Ferrari 512 F1 (Nart), Watkins Glen 1964
From the ’66 season onwards, 3.0 litres aspirated engines were allowed by the new FIA regulation for F1 to run, and that caught pretty much everyone by surprise. Ferrari, who ran his cars almost everywhere there was a race, was somewhat ready thanks to the units he had running in the Sports Cars championship. Therefore, he had the 275 P2’s engine stroked to 53.5 mm and that was it
[5]. A 3 litres engine ready to take part in the F1 championship. This engine though, was very heavy, and thus Forghieri, who on the other hand did not consider the solution of having the engine as a stressed member capable of actually turning tables against their competitors, housed it conventionally instead. The ’66 246 F1 however, which was much lighter than the 312, had its thin and compact V6 engine installed as a stressed member. The Dino engine, due to its characteristics, lent itself to the job, and was put in this specific configuration, having races on twisty circuits like Monaco and Nurburgring in mind, where agility matters more than power, even though it is to be noted that it did a fine job even on a fast track like Spa, coming third with Bandini.

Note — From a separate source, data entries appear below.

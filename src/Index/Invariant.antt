-- ===== src/Index/Invariant.antt =====
-- src/typesense_lite/index.py: the inverted index agrees with the documents, and `add_document` and
-- `delete_document` keep it so.
use typesense_python.Base.{
  if◌then◌else◌, Option-cases, nat_eq, Str, str_eq, str_eq_iff, text_eq, ◌≡◌, refl, ◌∙◌, inl, inr,
  none, some, [], arith,
}
use typesense_python.Base.Dict.{get, remove, get-put, get-remove, Unique}
use typesense_python.Base.Result.{ok}
use typesense_python.Schemas.{Document}
use mathlib.Core.Path.{subst}
use typesense_python.Index.{
  InvertedIndex, new_index, terms_of, postings_of, document_id, add_document, insert_document,
  delete_document, remove_document_terms, counter,
}
use typesense_python.Index.Counter.{count_from-Unique}
use typesense_python.Index.Postings.{
  posting, posting-add_postings, posting-remove_postings, add_postings-Unique,
  remove_postings-Unique,
}

-- What the index says of a document: the terms that are kept for it, and the frequency of each term.
pub record IsIndexed (ix : InvertedIndex) : Type 0 where
  pub terms :
      (d : Str)
      → get ix.document_terms d
        ≡ elim (get ix.documents d) [ none ↦ none | some doc ↦ some (terms_of doc) ]
  pub frequencies :
      (t d : Str)
      → posting ix.index t d
        ≡ elim (get ix.documents d) [ none ↦ none | some doc ↦ get (terms_of doc) t ]
  pub distinct : (t : Str) → Unique (postings_of (get ix.index t))

pub new_index-IsIndexed : IsIndexed new_index
unfolding get posting
new_index-IsIndexed = record { terms = λ d. refl; frequencies = λ t d. refl; distinct = λ t. tt }

terms_of-Unique : (d : Document) → Unique (terms_of d)
unfolding terms_of counter
terms_of-Unique d = count_from-Unique [] _ tt

-- Without its terms, a document has no posting, and the others are as before.
removed :
    (ix : InvertedIndex) (id : Str) (t d : Str)
    → IsIndexed ix
    → posting (remove_document_terms ix id).index t d
      ≡ (if str_eq id d then none else posting ix.index t d)
unfolding remove_document_terms get
removed ix id t d w =
    posting-remove_postings ix.index id (postings_of (get ix.document_terms id)) t d
    ∙ ground
        (arith, w.terms id, w.frequencies t d, str_eq_iff id d, Option-cases (get ix.documents id))

insert_document-IsIndexed :
    (ix : InvertedIndex) (id : Str) (doc : Document)
    → IsIndexed ix
    → IsIndexed (insert_document ix id doc)
unfolding insert_document remove_document_terms
insert_document-IsIndexed ix id doc w = record {
  terms = λ d. elim (Option-cases (get ix.documents id)) [
    | inl e ↦ ground (
      arith,
      e,
      get-put ix.documents id d doc,
      get-put ix.document_terms id d (terms_of doc),
      w.terms d,
      str_eq_iff id d,
    )
    | inr (old, e) ↦ ground (
      arith,
      e,
      get-put ix.documents id d doc,
      get-put (remove ix.document_terms id) id d (terms_of doc),
      get-remove ix.document_terms id d,
      w.terms d,
      str_eq_iff id d,
    )
  ];
  frequencies = λ t d. elim (Option-cases (get ix.documents id)) [
    | inl e ↦ rw e (
        posting-add_postings ix.index id (terms_of doc) t d (terms_of-Unique doc)
        ∙ ground (
          arith,
          e,
          get-put ix.documents id d doc,
          w.frequencies t d,
          str_eq_iff id d,
          Option-cases (get (terms_of doc) t),
        ))
    | inr (old, e) ↦ rw e (
        posting-add_postings (remove_document_terms ix id).index id (terms_of doc) t d
          (terms_of-Unique doc)
        ∙ ground (
          arith,
          e,
          get-put ix.documents id d doc,
          removed ix id t d w,
          w.frequencies t d,
          str_eq_iff id d,
          Option-cases (get (terms_of doc) t),
        ))
  ];
  distinct = λ t. elim (Option-cases (get ix.documents id)) [
    | inl e ↦ rw e (add_postings-Unique ix.index id (terms_of doc) t w.distinct)
    | inr (old, e) ↦ rw e (
        add_postings-Unique (remove_document_terms ix id).index id (terms_of doc) t (λ t'.
          remove_postings-Unique ix.index id (postings_of (get ix.document_terms id)) t'
            w.distinct))
  ];
}

delete_document-IsIndexed :
    (ix : InvertedIndex) (id : Str)
    → IsIndexed ix
    → IsIndexed (remove_document_terms (record ix { documents = remove ix.documents id }) id)
unfolding remove_document_terms
delete_document-IsIndexed ix id w = record {
  terms = λ d. ground (
    arith,
    get-remove ix.documents id d,
    get-remove ix.document_terms id d,
    w.terms d,
    str_eq_iff id d,
  );
  frequencies = λ t d.
      removed ix id t d w
      ∙ ground (arith, get-remove ix.documents id d, w.frequencies t d, str_eq_iff id d);
  distinct =
      λ t. remove_postings-Unique ix.index id (postings_of (get ix.document_terms id)) t w.distinct;
}

-- What a run of `add_document` and `delete_document` makes of an empty index.
pub data Built : InvertedIndex → Type 0 where
  fresh : Built new_index
  added :
      (ix ix' : InvertedIndex) (doc : Document)
      → Built ix
      → add_document ix doc ≡ ok ix'
      → Built ix'
  deleted :
      (ix ix' : InvertedIndex) (id : Str) (doc : Document)
      → Built ix
      → delete_document ix id ≡ ok (doc, ix')
      → Built ix'

pub add_document-cases :
    (ix ix' : InvertedIndex) (doc : Document)
    → add_document ix doc ≡ ok ix'
    → (id : Str) × (document_id doc ≡ some id) × (insert_document ix id doc ≡ ix')
unfolding add_document
add_document-cases ix ix' doc h = elim (Option-cases (document_id doc)) [
  | inl e ↦ absurd (ground (arith, e, h))
  | inr (id, e) ↦ (id, e, ground (arith, e, h))
]

pub delete_document-cases :
    (ix ix' : InvertedIndex) (id : Str) (doc : Document)
    → delete_document ix id ≡ ok (doc, ix')
    → (get ix.documents id ≡ some doc)
      × (remove_document_terms (record ix { documents = remove ix.documents id }) id ≡ ix')
unfolding delete_document
delete_document-cases ix ix' id doc h = elim (Option-cases (get ix.documents id)) [
  | inl e ↦ absurd (ground (arith, e, h))
  | inr (old, e) ↦ (ground (arith, e, h), ground (arith, e, h))
]

-- Whatever documents are added, replaced and deleted, the index holds of every term and every document
-- the number of times the term occurs in the document's strings as they are now, and nothing else.
pub Built-IsIndexed : (ix : InvertedIndex) → Built ix → IsIndexed ix
Built-IsIndexed _ fresh = new_index-IsIndexed
Built-IsIndexed _ (added ix ix' doc b h) =
    let c = add_document-cases ix ix' doc h in
    subst IsIndexed (c.2) (insert_document-IsIndexed ix (c.0) doc (Built-IsIndexed ix b))
Built-IsIndexed _ (deleted ix ix' id doc b h) =
    subst IsIndexed ((delete_document-cases ix ix' id doc h).1)
      (delete_document-IsIndexed ix id (Built-IsIndexed ix b))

As you can see then, the Lotus 49 was not the first F1 car to use the engine as a stressed member in the chassis, but the fifth. Nor it was the most successful using this configuration, since it won just one championship in 1968. The 158 did in fact the same by winning the 1964 season. The Type 49 has been recognized as a revolutionary car, while the only revolutionary thing it truly had was its engine, and the chassis was instead a very simple and standard unit for the day, as claimed by its very mechanics
[6]. The Lotus 49 has become, due to its longevity and the tremendous success of the DFV engine, a legend. Like every legend, it started also many myths, which, as usual, are not always true. Lancia and Ferrari are to be acknowledged as the rightful pioneers in F1 for this progress, which is still relevant to this very day. If manufacturers have voted for the use of V6 turbo engines instead of IL4 turbo from the 2014 season onwards, in fact, is it because the V6s could also be installed and used as a stressed member, while the IL4 could not.
“Render unto Caesar the things that are Caesar's”, as the old saying goes.
Notes:
[1] Wikipedia.
[2]
Ferrari 1947-1997 – The Official Book, New York, Rizzoli Intl Pubns, 2003, p. 50.
[3] M. Forghieri – D. Buzzonetti,
Mauro Forghieri - 30 anni di Ferrari e oltre, Firenze, Giunti Editore, 2008, p. 64.
[4] D. Buzzonetti, M. Forghieri – M. Giachi,
Capire la Formula 1, Bologna, Minerva Editore, 2017, pp. 35-36.
[5] Ferrari 275 P2 Engine Specs: Capacity 3286 cm3 (bore x stroke: 77 mm x 58, 8 mm) – Power: 350 HP at 8500 RPM / Ferrari 312-’66 Engine Specs: Capacity 2990 cm3 (bore x stroke: 77 mm x 53, 5 mm) – Power: 360 HP at 10000 RPM.
[6] I. Wagstaff,
Lotus 49 1967-1970 (all marks) Owners’ Workshop Manual, Sparkford-Somerset, Haynes Publishing, 2014, pp. 94-108.